As a proper ballad, Marriage maintains the fundamental simplicity of the plot. There are none of the literary touches that Gower adds, or the learned allusions to Ovid, Dante, and Boethius of Chaucer's version. Likewise, Marriage forgoes the narrative replications and the thematic and verbal repetitions that mark Ragnelle as a popular romance and complicate its possible meanings. The interlocking sets of masculine social relations held in place through Ragnelle's plot do not surface in Marriage; indeed, the nameless antagonist calls his nameless sister "a misshappen hore" and promises to burn her "in a fyer" if he catches her. The lady's plight, whereby like a witch she "looked soe foule and . . . was wont / On the wild more to goe" (lines 184-85), comes about through a bad marriage: her father, an "old knight . . . marryed a younge lady" who in fairy-tale fashion proceeded to turn her competition (or her children's competition for inheritance) into a creature "most like a feend of hell" (line 182). The wicked stepmother appears also in Ragnelle and in Gower's version.

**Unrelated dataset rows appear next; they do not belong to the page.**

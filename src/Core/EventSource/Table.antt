-- ===== src/Core/EventSource/Table.antt =====
-- hc_event_source_adapter with file_info_buffer: what the HTTP server knows of the files after the events
-- of the torrents.
use t2h.Common.{
  Bool, true, false, List, [], ◌∷◌, ◌++◌, none, some, Bytes, str_eq, ℤ, pos, All, All-append,
  if◌then◌else◌, ◌≡◌, refl, ap, ◌∙◌, arith,
}
use t2h.Core.World.{
  Event, event_file_add, event_file_remove, event_file_complete, event_pause, event_progress_update,
}
use t2h.Core.EventSource.{on_progress_update, handle_event, handle_events}
use t2h.Server.Buffer.{FileInfoBuffer, CoreFileChangeNotification}
use t2h.Server.Buffer.Sound.{IsSound}
use t2h.Server.Buffer.Refines.{
  Table, view, progress, follow, follow_all, Kept, replay, replay-view, change,
}

-- The table as the events describe it.
abbrev pub told : Event → Table → Table
told (event_file_add path size) t other =
    if str_eq path other then some (pos size, pos 0) else t other
told (event_file_remove path) t other = if str_eq path other then none else t other
told (event_file_complete path n) t other =
    if str_eq path other then progress (pos n) (t other) else t other
told (event_pause path) t other = t other
told (event_progress_update path n) t other =
    if str_eq path other then progress (pos n) (t other) else t other

abbrev pub told_all : List Event → Table → Table
told_all [] t = t
told_all (e ∷ es) t = told_all es (told e t)

abbrev pub is_removal : Event → Bool
is_removal (event_file_remove path) = true
is_removal _ = false

module _ (u : ℤ) where
  follow_event : (e : Event) (t : Table) → follow_all (handle_event u e) t ≡ told e t
  unfolding follow_all handle_event follow change on_progress_update
  follow_event (event_file_add path size) t = refl
  follow_event (event_file_remove path) t = refl
  follow_event (event_file_complete path n) t = refl
  follow_event (event_pause path) t = refl
  follow_event (event_progress_update path n) t = refl

  follow_all-append :
      (ns ms : List CoreFileChangeNotification) (t : Table)
      → follow_all (ns ++ ms) t ≡ follow_all ms (follow_all ns t)
  unfolding follow_all
  follow_all-append [] ms t = refl
  follow_all-append (n ∷ ns) ms t = follow_all-append ns ms (follow n t)

  follow_events : (es : List Event) (t : Table) → follow_all (handle_events u es) t ≡ told_all es t
  unfolding handle_events follow_all
  follow_events [] t = refl
  follow_events (e ∷ es) t =
      follow_all-append (handle_event u e) (handle_events u es) t
      ∙ ap (follow_all (handle_events u es)) (follow_event e t)
      ∙ follow_events es (told e t)

  event-Kept : (e : Event) → is_removal e ≡ false → All Kept (handle_event u e)
  unfolding handle_event on_progress_update
  event-Kept (event_file_add path size) h = (λ k. cc, tt)
  event-Kept (event_file_remove path) h = absurd (ground (arith, h))
  event-Kept (event_file_complete path n) h = (λ k. cc, tt)
  event-Kept (event_pause path) h = tt
  event-Kept (event_progress_update path n) h = (λ k. cc, tt)

  events-Kept :
      (es : List Event) → All (λ e. is_removal e ≡ false) es → All Kept (handle_events u es)
  unfolding handle_events
  events-Kept [] h = tt
  events-Kept (e ∷ es) (h, hs) =
      All-append Kept (handle_event u e) (handle_events u es) (event-Kept e h) (events-Kept es hs)

  -- The events of the torrents reach the table of the HTTP server: any sequence of them without a
  -- removal becomes notifications that a table in order handles to their end, and the table is then in
  -- order and has of every path the size and the bytes that the events told, whatever size an update
  -- carries.
  pub handle_events-view :
      (es : List Event) (b : FileInfoBuffer)
      → IsSound b
      → All (λ e. is_removal e ≡ false) es
      → (c : FileInfoBuffer) × ((replay b (handle_events u es) ≡ some c)
          × (IsSound c × ((path : Bytes) → view c path ≡ told_all es (view b) path)))
  handle_events-view es b h k =
      let (c, (e, (s, v))) = replay-view (handle_events u es) b h (events-Kept es k) in
      (c, (e, (s, λ path. v path ∙ ap (λ t. t path) (follow_events es (view b)))))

Like the majority of Gawain romances, Marriage places Arthur's court at Carlisle (line 1), and sets its action in Inglewood Forest, and specifically at the Tarn Wathelene (lines 32, 51). Arthur is presumably hunting when he encounters the "bold barron," as are the main characters in Ragnelle, Carlisle, Awntyrs, and several others in this group of romances. These linkages of plot and detail do not, however, demonstrate that Marriage is a popular refashioning of an earlier written or literary narrative. The Percy Folio poem may well be the record of one more retelling of a story that had been popular at least from the time of King Edward I, and that, in addition to giving rise to a group of literary renditions, must have circulated widely in oral performances throughout the Middle Ages and the Renaissance. As such, it bears witness to Gawain's huge celebrity with an astonishing variety of audiences, and across centuries of enormous cultural change. The social milieu and the precise nature of the performance represented by Marriage are vividly defined in the fictional portrayal that Howard Pyle inserts into his Merry Adventures of Robin Hood (1883); in this children's narrative, Robin's first adventure is a meeting in a tavern with a Tinker-minstrel, who sings "an ancient ballad of the time of good King Arthur, called the Marriage of Sir Gawaine, which you may some time read, yourself, in stout English of early times" (New York: Dover, 1968, p. 19). Pyle's portrayal of this impromptu performance before a tavern audience at the edge of Sherwood Forest likely corresponds to the sort of setting in which the compiler of the Percy Folio Manuscript heard the version of Marriage that he wrote down.
Like Cornwall, Marriage is composed in ballad meter, namely four-line stanzas rhyming xaxa. The lines tend not to fall into regular metrical feet; instead they alternate, with four-stress unrhymed lines followed by three-stress lines containing the rhyming final word. As the oral sources of the meter would suggest, the poetry is most effective when read aloud; lines that "sound" clumsy when not vocalized take on life in spoken form.
Text
The Marriage of Sir Gawain survives, though mutilated, in the Percy Folio Manuscript, pp. 46-52 (described in the introductory material to The Greene Knight). In transcribing the cramped and fading hand, I have been aided by the editions of Madden, Furnivall and Hales, and Child, and I have sometimes followed their readings and reconstructions for letters and words that now appear indistinct or indecipherable. I have regularized orthography, so that u/v and i/j appear according to modern usage; abbreviations have been silently expanded, numerals spelled out, and modern punctuation and capitalization added.